# Drive or Stress?



## Adam Rawlings (Feb 27, 2009)

Hey guys,

I was wondering if some of the members here could share their insight into my dogs behavior during training? 


I have a 1.5 year old GSD being trained as a PPD, that is a little hectic and whinny before, during and after our sessions. He is eager to get to the back tie and is completly focused on the helper while we work. The tail is always wagging and he has no problem defending us or engaging the helper. His bite is deep but he growls/whines during the bite and very focused on the helper after the out (the sleeve is never slipped). After the sessions over and the heel comand is given, he trys to remain at the back tie as if he does'nt want the game to end. After a medium correction he heels, but his obedience is sloppy and he wants to go to the helpers run away/ hidding location. I work a combination of defence / prey work from the back tie and a little work posting. 

I get the same whine during obedience sessions when he's waiting for his reward (kong on a rope) and the growl when tugging. His obedience however is focused and not at all hectic. 
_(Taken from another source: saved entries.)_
-- ===== src/Loop/Messages.antt =====
-- src/obsidian_git_sync/worker.py: each event has its own commit, over the worker's whole life.
use obsidian_git_sync_mcp.Common.{
  ◌≡◌, ◌≢◌, refl, sym, subst, ap, ◌∙◌, true, Option, none, some, List, [], ◌∷◌, ◌++◌, append_assoc,
  map, if◌then◌else◌, Run, returned, raised, final, pure, ◌>>=◌,
}
use obsidian_git_sync_mcp.Common.Steps.{final-seq}
use obsidian_git_sync_mcp.Host.{Env}
use obsidian_git_sync_mcp.Text.{Text}
use obsidian_git_sync_mcp.Config.{Settings}
use obsidian_git_sync_mcp.Events.{SyncEvent}
use obsidian_git_sync_mcp.History.{
  Command, commands, Verb, staging, inspecting, committing, fetching, rebasing, aborting, pushing,
  other,
}
use obsidian_git_sync_mcp.History.Messages.{messages, messages-silent}
use obsidian_git_sync_mcp.Worker.{State, handle_event}
use obsidian_git_sync_mcp.Worker.Committed.{Commits}
use obsidian_git_sync_mcp.Worker.Messages.{told, due, handle_event-told}
use obsidian_git_sync_mcp.Push.{push_overdue, maybe_push}
use obsidian_git_sync_mcp.Push.Grammar.{IsCycle, Cycle, newest, may_follow}
use obsidian_git_sync_mcp.Push.Sequence.{maybe_push-Cycle}
use obsidian_git_sync_mcp.Loop.{Poll, arrived, quiet, broke, iteration, run, lifetime}
use obsidian_git_sync_mcp.Loop.Story.{overdue-Cycle}
use obsidian_git_sync_mcp.Loop.Safety.{iteration-Returns, handle_event-Returns}

-- The messages that are due for the events, the newest first, each at the state in which the loop
-- takes its event up; an exception of `get` is the end.
abbrev pub due_over : Env → Settings → State → List Poll → List Text
due_over env c s [] = []
due_over env c s (arrived e ∷ ps) =
    due_over env c (final (iteration env c (arrived e) s)) ps ++ due env s e
due_over env c s (quiet ∷ ps) = due_over env c (final (iteration env c quiet s)) ps
due_over env c s (broke x ∷ ps) = []

-- No command of a push cycle is a commit.
commit_follows : (o : Option Verb) → may_follow o committing ≢ true
commit_follows none e = cc
commit_follows (some staging) e = cc
commit_follows (some inspecting) e = cc
commit_follows (some committing) e = cc
commit_follows (some fetching) e = cc
commit_follows (some rebasing) e = cc
commit_follows (some aborting) e = cc
commit_follows (some pushing) e = cc
commit_follows (some other) e = cc

IsCycle-messages :
    (new old : List Command)
    → IsCycle new
    → messages (map (λ (c : Command). c.line) (new ++ old))
      ≡ messages (map (λ (c : Command). c.line) old)
IsCycle-messages [] old h = refl
IsCycle-messages (c ∷ new) old (f, h) =
    messages-silent c.line (map (λ (c : Command). c.line) (new ++ old))
      (λ e. commit_follows (newest new) (subst (λ v. may_follow (newest new) v ≡ true) e f))
    ∙ IsCycle-messages new old h

module _ (env : Env) (well : Commits env) (c : Settings) where
  Cycle-told : (s u : State) → Cycle s.trace u → told u ≡ told s
  Cycle-told s u (new, (f, k)) =
      ap (λ cs. messages (map (λ (c : Command). c.line) cs)) f
      ∙ IsCycle-messages new (commands s.trace) k.0

  maybe_push-told : (s : State) → told (final (maybe_push env s)) ≡ told s
  maybe_push-told s = Cycle-told s (final (maybe_push env s)) (maybe_push-Cycle env s)

  event-told :
      (e : SyncEvent) (s : State)
      → told (final (iteration env c (arrived e) s)) ≡ due env s e ++ told s
  unfolding iteration
  event-told e s =
      ap told (
        final-seq (handle_event env c e)
          (do overdue ← push_overdue env; if overdue then maybe_push env else pure tt) s
          (handle_event-Returns env c e s))
      ∙ (Cycle-told u v (overdue-Cycle env c u) ∙ handle_event-told env well c e s)
    where
      u : State
      u = final (handle_event env c e s)

      v : State
      v = final ((do overdue ← push_overdue env; if overdue then maybe_push env else pure tt) u)

  run-told :
      (ps : List Poll) (s : State) → told (final (run env c ps s)) ≡ due_over env c s ps ++ told s
  unfolding run iteration
  run-told [] s = refl
  run-told (arrived e ∷ ps) s =
      let u = final (iteration env c (arrived e) s) in
      ap told (
        final-seq (iteration env c (arrived e)) (run env c ps) s
          (iteration-Returns env c (arrived e) s tt))
      ∙ (run-told ps u
          ∙ (ap (λ m. due_over env c u ps ++ m) (event-told e s)
              ∙ sym (append_assoc (due_over env c u ps) (due env s e) (told s))))
  run-told (quiet ∷ ps) s =
      let u = final (maybe_push env s) in
      ap told
        (final-seq (iteration env c quiet) (run env c ps) s (iteration-Returns env c quiet s tt))
      ∙ (run-told ps u ∙ ap (λ m. due_over env c u ps ++ m) (maybe_push-told s))
  run-told (broke x ∷ ps) s = refl

  -- Where git stages, finds changes at each comparison and commits, whatever else git, the disk,
  -- the clock and the queue do: the messages of the commits that the worker's life adds are, in the
  -- order of the events, one for each write that names paths (its operation and paths) and one for
  -- each sweep (the clock's time at the state in which the loop takes it up), and none for any
  -- other event, a quiet window, a push cycle or the final flush. So no event is lost, committed
  -- twice or overtaken, until an exception of `get` ends the loop.
  pub lifetime-told :
      (ps : List Poll) (s : State)
      → told (final (lifetime env c ps s)) ≡ due_over env c s ps ++ told s
  unfolding lifetime
  lifetime-told ps s = flushed (run env c ps s) ∙ run-told ps s
    where
      flushed :
          (r : Run State (Unit {0}))
          → told (
              final {S = State} {A = Unit {0}}
                (elim (elim r as (λ x. Run State (Unit {0})) [
                  | returned a t ↦ returned a t
                  | raised x t ↦ returned tt t
                ]) [ returned a t ↦ maybe_push env t | raised x t ↦ raised x t ]))
            ≡ told (final r)
      flushed (returned a t) = maybe_push-told t
      flushed (raised x t) = maybe_push-told t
Thanks in advance for your input, the helmet is standing by.


----------



## Julie Ann Alvarez (Aug 4, 2007)

Adam,

I do not train in PPD but I thought the foundation work was similar for all biting dogs. 

I do not understand why the sleeve is never slipped for him? I would think that the dog is stressing because he is never allowed to win. My TD would calm the dog and when he is gripping with out the noise etc then the sleeve would be slipped (to reinforce what you want from the dog).
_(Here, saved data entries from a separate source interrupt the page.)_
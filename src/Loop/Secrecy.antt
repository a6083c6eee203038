-- ===== src/Loop/Secrecy.antt =====
-- src/obsidian_git_sync/worker.py: what `from_config` takes from the token.
use obsidian_git_sync_mcp.Common.{◌≡◌, true}
use obsidian_git_sync_mcp.Text.{Text, nonempty, strip}
use obsidian_git_sync_mcp.FilePath.{FilePath}
use obsidian_git_sync_mcp.Host.{Env, Trace}
use obsidian_git_sync_mcp.Config
use obsidian_git_sync_mcp.Config.{Settings}
use obsidian_git_sync_mcp.Loop.{from_config}

-- Two settings that differ in nothing but a token that is not blank build the same worker, with the
-- same trace.
pub from_config_token :
    (env : Env) (c : Settings) (vault : FilePath) (a b : Text) (t : Trace)
    → nonempty (strip a) ≡ true
    → nonempty (strip b) ≡ true
    → from_config env (record c { token = a }) vault t
      ≡ from_config env (record c { token = b }) vault t
unfolding from_config Config.token Config.remote Config.branch Config.heartbeat_url
    Config.push_debounce Config.push_max_interval Config.author_name Config.author_email
from_config_token env c vault a b t ha hb = rw (ha, hb)
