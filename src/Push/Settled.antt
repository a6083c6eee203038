-- ===== src/Push/Settled.antt =====
-- src/obsidian_git_sync/worker.py: rebases and their aborts, command by command.
use obsidian_git_sync_mcp.Common.{
  ◌≡◌, ◌≢◌, refl, sym, ◌∙◌, true, false, List, ◌∷◌, timeout_expired, Run, returned, raised, final,
}
use obsidian_git_sync_mcp.Common.Rules.{Keeps}
use obsidian_git_sync_mcp.Text.{Text}
use obsidian_git_sync_mcp.Host.{
  Env, Trace, Reply, exited, timed_out, failed, is_ok, GitResult, ran, logged, git_timed_out,
}
use obsidian_git_sync_mcp.GitOps
use obsidian_git_sync_mcp.GitOps.{GitOps, argv}
use obsidian_git_sync_mcp.History.{
  Command, commands, Verb, rebasing, aborting, verb, Ending, ending, has_open_rebase, AbortsRebases,
  IsSettled, open_rebase_after,
}
use obsidian_git_sync_mcp.History.Verbs.{verb-rebase, verb-rebase_abort}
use obsidian_git_sync_mcp.History.Laws.{commands-run}
use obsidian_git_sync_mcp.History.Silent.{Has}
use obsidian_git_sync_mcp.Worker.{Worker, State, lift}

abbrev pub Settled : State → Type 0
Settled s = IsSettled (commands s.trace)

closed_of_verb :
    (c : Command) (cs : List Command) → verb c.line ≢ rebasing → has_open_rebase (c ∷ cs) ≡ false
unfolding has_open_rebase open_rebase_after
closed_of_verb c cs h = go (verb c.line) (ending c.reply) h
  where
    go : (v : Verb) (e : Ending) → v ≢ rebasing → open_rebase_after v e ≡ false
    go rebasing e h = absurd (h refl)
    go _ e h = refl

-- A command that is no rebase, after settled ones.
pub settle :
    (c : Command) (cs : List Command) → verb c.line ≢ rebasing → IsSettled cs → IsSettled (c ∷ cs)
settle c cs h (aborts, closed) =
    ((λ e. absurd (false_ne (sym closed ∙ e)), aborts), closed_of_verb c cs h)
  where
    false_ne : false ≢ true
    false_ne e = cc

pub lift_result :
    {A : Type 0} (w : Worker) (r : Run Trace A) (h : List Command)
    → Has h (final r)
    → IsSettled h
    → Settled (
        final {A = A} (elim r [
          | returned a t ↦ returned a (record { worker = w; trace = t })
          | raised e t ↦ raised e (record { worker = w; trace = t })
        ]))
lift_result w (returned a t) h e k = rw e k
lift_result w (raised x t) h e k = rw e k

pub Settled-run :
    (env : Env) (g : GitOps) (args : List Text)
    → verb (argv g args) ≢ rebasing
    → Keeps Settled (lift (GitOps.run env g args))
Settled-run env g args h s i =
    lift_result s.worker (GitOps.run env g args s.trace) _ (commands-run env g args s.trace)
      (settle _ (commands s.trace) h i)

aborting_ne : aborting ≢ rebasing
aborting_ne e = cc

-- The abort settles what came before it.
pub Settled-abort :
    (env : Env) (g : GitOps) (w : Worker) (t : Trace)
    → AbortsRebases (commands t)
    → Settled (final (lift (GitOps.rebase_abort env g) (record { worker = w; trace = t })))
unfolding GitOps.rebase_abort
Settled-abort env g w t h = lift_result w (GitOps.run env g _ t) _ (commands-run env g _ t) (
  (λ e. verb-rebase_abort g, h),
  closed_of_verb _ (commands t) (λ e. aborting_ne (sym (verb-rebase_abort g) ∙ e)),
)

abbrev pub RebaseOutcome : Run Trace GitResult → Type 0
RebaseOutcome (returned r t) =
    (is_ok r ≡ true → IsSettled (commands t)) × AbortsRebases (commands t)
RebaseOutcome (raised e t) = IsSettled (commands t)

module _ (line : List Text) (t : Trace) (i : IsSettled (commands t)) where
  adds : (c : Command) → AbortsRebases (c ∷ commands t)
  adds c = (λ e. absurd (clash e), i.0)
    where
      clash : has_open_rebase (commands t) ≡ true → ⊥
      clash e = cc (i.1, e)

  rebase_reply :
      (reply : Reply)
      → verb line ≡ rebasing
      → RebaseOutcome (elim reply [
        | exited r ↦ returned r (ran line (exited r) ∷ t)
        | timed_out ↦ raised timeout_expired (logged git_timed_out ∷ ran line timed_out ∷ t)
        | failed e ↦ raised e (ran line (failed e) ∷ t)
      ])
  unfolding commands has_open_rebase
  rebase_reply (exited r) v = (
    λ good. (adds (record { line = line; reply = exited r }), rw (v, good)),
    adds (record { line = line; reply = exited r }),
  )
  rebase_reply timed_out v = (adds (record { line = line; reply = timed_out }), rw v)
  rebase_reply (failed e) v = (adds (record { line = line; reply = failed e }), rw v)

pub rebase-RebaseOutcome :
    (env : Env) (g : GitOps) (remote branch : Text) (t : Trace)
    → IsSettled (commands t)
    → RebaseOutcome (GitOps.rebase_theirs env g remote branch t)
unfolding GitOps.rebase_theirs GitOps.run
rebase-RebaseOutcome env g remote branch t i = rebase_reply _ t i (env.git t _) (verb-rebase g _)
My GSD used to do the same thing (he is very vocal and his prey work was hell to listen to as a puppy). Now he is pretty decent and I haven't heard that music from him for awhile. Also I don't allow him to make that noise during OB- we work on being quiet. 
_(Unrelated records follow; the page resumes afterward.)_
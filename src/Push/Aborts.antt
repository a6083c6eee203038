-- ===== src/Push/Aborts.antt =====
-- src/obsidian_git_sync/worker.py: rebases and their aborts, through a push cycle.
use obsidian_git_sync_mcp.Common.{
  ◌≢◌, refl, sym, ◌∙◌, Bool, true, false, not, ◌||◌, ◌&&◌, Option, none, some, List, [], ◌∷◌, ◌>>=◌,
  ◌>>◌, pure, if◌then◌else◌, Exn, timeout_expired, Run, returned, raised, final, Bool-cases, inl,
  inr,
}
use obsidian_git_sync_mcp.Common.Rules.{Keeps, bind, seq, handle}
use obsidian_git_sync_mcp.Text.{Text, codes, nonempty, strip}
use obsidian_git_sync_mcp.Host
use obsidian_git_sync_mcp.Host.{
  Env, Io, Trace, Reply, exited, timed_out, failed, is_ok, GitResult, ran, logged, git_timed_out,
}
use obsidian_git_sync_mcp.GitOps
use obsidian_git_sync_mcp.GitOps.{GitOps, argv}
use obsidian_git_sync_mcp.Heartbeat.{ping}
use obsidian_git_sync_mcp.History.{commands, fetching, rebasing, pushing, other, verb, IsSettled}
use obsidian_git_sync_mcp.History.Verbs.{verb-fetch, verb-current_branch, verb-push}
use obsidian_git_sync_mcp.History.Laws.{commands-run}
use obsidian_git_sync_mcp.History.Silent.{ping-Keeps}
use obsidian_git_sync_mcp.Worker.{Worker, State, M, lift, log, modify}
use obsidian_git_sync_mcp.Push.{now, resolve_branch, integrate, send, push_once, maybe_push}
use obsidian_git_sync_mcp.Push.Settled.{
  Settled, settle, lift_result, Settled-run, Settled-abort, RebaseOutcome, rebase-RebaseOutcome,
}

fetching_ne : fetching ≢ rebasing
fetching_ne e = cc

pushing_ne : pushing ≢ rebasing
pushing_ne e = cc

other_ne : other ≢ rebasing
other_ne e = cc

module _ (env : Env) where
  undo-Settled :
      (w v : Worker) (branch : Text) (r : Run Trace GitResult)
      → RebaseOutcome r
      → Settled (
          final {A = Unit {0}}
            (elim (elim r as (λ x. Run State GitResult) [
              | returned a t ↦ returned a (record { worker = v; trace = t })
              | raised e t ↦ raised e (record { worker = v; trace = t })
            ]) [
              | returned rebased s ↦
                  (if not (is_ok rebased)
                      then (do
                        lift (GitOps.rebase_abort env w.git)
                        log (Host.rebase_failed w.remote branch))
                      else pure tt)
                    s
              | raised e s ↦ raised e s
            ]))
  undo-Settled w v branch (returned r t) (good, h) = elim (Bool-cases (is_ok r)) [
    | inl e ↦ rw e (good e)
    | inr e ↦
        rw e (abort_then_log (GitOps.rebase_abort env w.git t) (Settled-abort env w.git v t h))
  ]
    where
      abort_then_log :
          (a : Run Trace GitResult)
          → Settled (
              final {A = GitResult} (elim a [
                | returned x u ↦ returned x (record { worker = v; trace = u })
                | raised x u ↦ raised x (record { worker = v; trace = u })
              ]))
          → Settled (
              final {A = Unit {0}}
                (elim (elim a as (λ x. Run State GitResult) [
                  | returned x u ↦ returned x (record { worker = v; trace = u })
                  | raised x u ↦ raised x (record { worker = v; trace = u })
                ]) [
                  | returned x u ↦ log (Host.rebase_failed w.remote branch) u
                  | raised x u ↦ raised x u
                ]))
      abort_then_log (returned x u) k = unfold commands in k
      abort_then_log (raised x u) k = k
  undo-Settled w v branch (raised e t) h = h

  rebase-Settled :
      (w : Worker) (branch : Text) (good : Bool)
      → Keeps Settled (
          if good
          then (do
            rebased ← lift (GitOps.rebase_theirs env w.git w.remote branch)
            if not (is_ok rebased)
                then (do
                  lift (GitOps.rebase_abort env w.git)
                  log (Host.rebase_failed w.remote branch))
                else pure tt)
          else pure tt)
  rebase-Settled w branch true s i =
      undo-Settled w s.worker branch (GitOps.rebase_theirs env w.git w.remote branch s.trace)
        (rebase-RebaseOutcome env w.git w.remote branch s.trace i)
  rebase-Settled w branch false s i = i

  fetch-Settled : (g : GitOps) (remote : Text) → Keeps Settled (lift (GitOps.fetch env g remote))
  unfolding GitOps.fetch
  fetch-Settled g remote = Settled-run env g _ (λ v. fetching_ne (sym (verb-fetch g remote) ∙ v))

  integrate-Settled : (branch : Text) → Keeps Settled (integrate env branch)
  unfolding integrate
  integrate-Settled branch s =
      bind Settled (lift (GitOps.fetch env s.worker.git s.worker.remote))
        (λ fetched.
          if is_ok fetched
          then (do
            rebased ← lift (GitOps.rebase_theirs env s.worker.git s.worker.remote branch)
            if not (is_ok rebased)
                then (do
                  lift (GitOps.rebase_abort env s.worker.git)
                  log (Host.rebase_failed s.worker.remote branch))
                else pure tt)
          else pure tt)
        (fetch-Settled s.worker.git s.worker.remote) (λ r. rebase-Settled s.worker branch (is_ok r))
        s

  push-Settled :
      (g : GitOps) (remote branch : Text) → Keeps Settled (lift (GitOps.push env g remote branch))
  unfolding GitOps.push
  push-Settled g remote branch =
      Settled-run env g _ (λ v. pushing_ne (sym (verb-push g remote branch) ∙ v))

  ping-Settled : (url : Text) → Keeps Settled (lift (ping env url))
  ping-Settled url s i =
      lift_result s.worker (ping env url s.trace) (commands s.trace)
        (ping-Keeps env (commands s.trace) url s.trace refl) i

  sent-Settled :
      (w : Worker) (r : GitResult)
      → Keeps Settled (
          if is_ok r
          then (do
            modify (λ w. record w { unpushed = false })
            at ← now env
            modify (λ w. record w { last_push = at })
            if nonempty w.heartbeat_url then lift (ping env w.heartbeat_url) else pure tt)
          else log (Host.push_failed r.rc))
  unfolding now commands
  sent-Settled w r s i = elim (Bool-cases (is_ok r)) [
    | inl e ↦ rw e (elim (Bool-cases (nonempty w.heartbeat_url)) [
      | inl h ↦ rw h (ping-Settled w.heartbeat_url _ i)
      | inr h ↦ rw h i
    ])
    | inr e ↦ rw e i
  ]

  send-Settled : (branch : Text) → Keeps Settled (send env branch)
  unfolding send
  send-Settled branch s =
      bind Settled (lift (GitOps.push env s.worker.git s.worker.remote branch)) _
        (push-Settled s.worker.git s.worker.remote branch) (sent-Settled s.worker) s

  run_settles :
      (g : GitOps) (args : List Text)
      → verb (argv g args) ≢ rebasing
      → Keeps (λ t. IsSettled (commands t)) (GitOps.run env g args)
  run_settles g args h t i = rw commands-run (settle _ (commands t) h i)

  current_branch-Settled : (g : GitOps) → Keeps Settled (lift (GitOps.current_branch env g))
  unfolding GitOps.current_branch
  current_branch-Settled g s i = lift_result s.worker (GitOps.current_branch env g s.trace) _ refl (
      bind (λ t. IsSettled (commands t))
        (GitOps.run env g (codes "rev-parse" ∷ codes "--abbrev-ref" ∷ codes "HEAD" ∷ []))
        (λ r.
          let name = strip r.stdout in pure (if is_ok r && nonempty name then some name else none))
        (run_settles g _ (λ v. other_ne (sym (verb-current_branch g) ∙ v))) (λ r t j. j) s.trace i)

  resolve_branch-Settled : Keeps Settled (resolve_branch env)
  unfolding resolve_branch
  resolve_branch-Settled s i = elim (Bool-cases (nonempty s.worker.branch)) [
    | inl e ↦ rw (e, resolve_branch) i
    | inr e ↦ rw (e, resolve_branch) (current_branch-Settled s.worker.git s i)
  ]

  branch-Settled :
      (branch : Option Text)
      → Keeps Settled (elim branch as (λ b. M (Unit {0})) [
        | none ↦ log Host.no_branch
        | some b ↦ (do integrate env b; send env b)
      ])
  unfolding commands
  branch-Settled none s i = i
  branch-Settled (some b) s i =
      seq Settled (integrate env b) (send env b) (integrate-Settled b) (send-Settled b) s i

  swallowed-Settled :
      (e : Exn)
      → Keeps Settled (elim e as (λ x. M (Unit {0})) [
        | timeout_expired ↦ pure tt
        | reason ↦ log Host.push_cycle_failed
      ])
  unfolding commands
  swallowed-Settled timeout_expired s i = i
  swallowed-Settled _ s i = i

  -- If so far each rebase that git ended with an error was directly followed by `rebase --abort`, then
  -- so it is after a push cycle, whatever git answers and whatever raises: none is left open.
  pub maybe_push-IsSettled :
      (s : State)
      → IsSettled (commands s.trace)
      → IsSettled (commands (final (maybe_push env s)).trace)
  unfolding maybe_push push_once
  maybe_push-IsSettled s i =
      elim (Bool-cases (not s.worker.unpushed || not (nonempty s.worker.remote))) [
        | inl e ↦ rw (e, maybe_push) i
        | inr e ↦
            rw (e, maybe_push)
              (handle Settled (push_once env)
                (λ x. elim x [ timeout_expired ↦ pure tt | reason ↦ log Host.push_cycle_failed ])
                (bind Settled (resolve_branch env) _ resolve_branch-Settled branch-Settled)
                swallowed-Settled s i)
      ]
I think it is drive leaking in my dog, but it did re-surface when we started working defense (I think that was stress). After a couple of sessions it stopped again.

The growling I don't know. I know it is a sign of stress for some dogs. Others are known for it (like Rotts).

It will be interesting to see what the others have to say.

Julie


----------



## Kristina Senter (Apr 4, 2006)

Adam, is there any way you could video the dog being worked?


----------



## Adam Rawlings (Feb 27, 2009)

There should be two vidoes from last summer. Go easy on me this was our first session after bonding. I will post some newer video soon.


----------



## Jenn Schoonbrood (Oct 31, 2008)

I won't presume to tell you that your dog is or is not nervous.

I will tell you that I come from a background handling EXTREMELY defensive dogs, many of which hated bitework. They were "started" in much the same way it appears your dog is being started. All of them could have been in very similar videos.

I find that the strong dogs are differentiable from the weak dogs when the handler isn't present, and the dog is sent to a bite with the option not to bite. Or with a decoy with a lot of presence.

I don't know you, your dog, or your training. I don't know what has been done with him to date. It's very possible that he'll develop nicely. In any case, I believe you'll see his true colours (whatever they may be) when he's encouraged to work away from you a bit.

Edit: As an aside, not to blame you but it seems like you're gonna create a lot of conflict with your out the way you're popping him off the bite like that.


----------



## Julie Ann Alvarez (Aug 4, 2007)

Adam,

I think your boys is stressed bc/ he is not getting satisfied with a carry or hold on the sleeve. He knows that the helper is going to take it away and that brings stress.

I don't know why you are not letting him win? Can you explain it to me?

Think about this. Every day you go to work and your boss is dangling a big bonus in your face. Every day you try hard and then right when you are suppose to get the bonus he takes it away and says you didn't work hard enough. I think you would start to bitch about it as soon as you got to work knowing what is coming.

Julie


----------



## Adam Rawlings (Feb 27, 2009)

Julie,

Chert is my first working dog and I'm as green as grass. So, up until now I have followed the training methods of the group I trained with. I'm still looking around at all the different styles of training and learning different techniques to form a reasonable opinion of my own. I won't be able to give an in debth answer, but I can explain what I've been told and what I've read. 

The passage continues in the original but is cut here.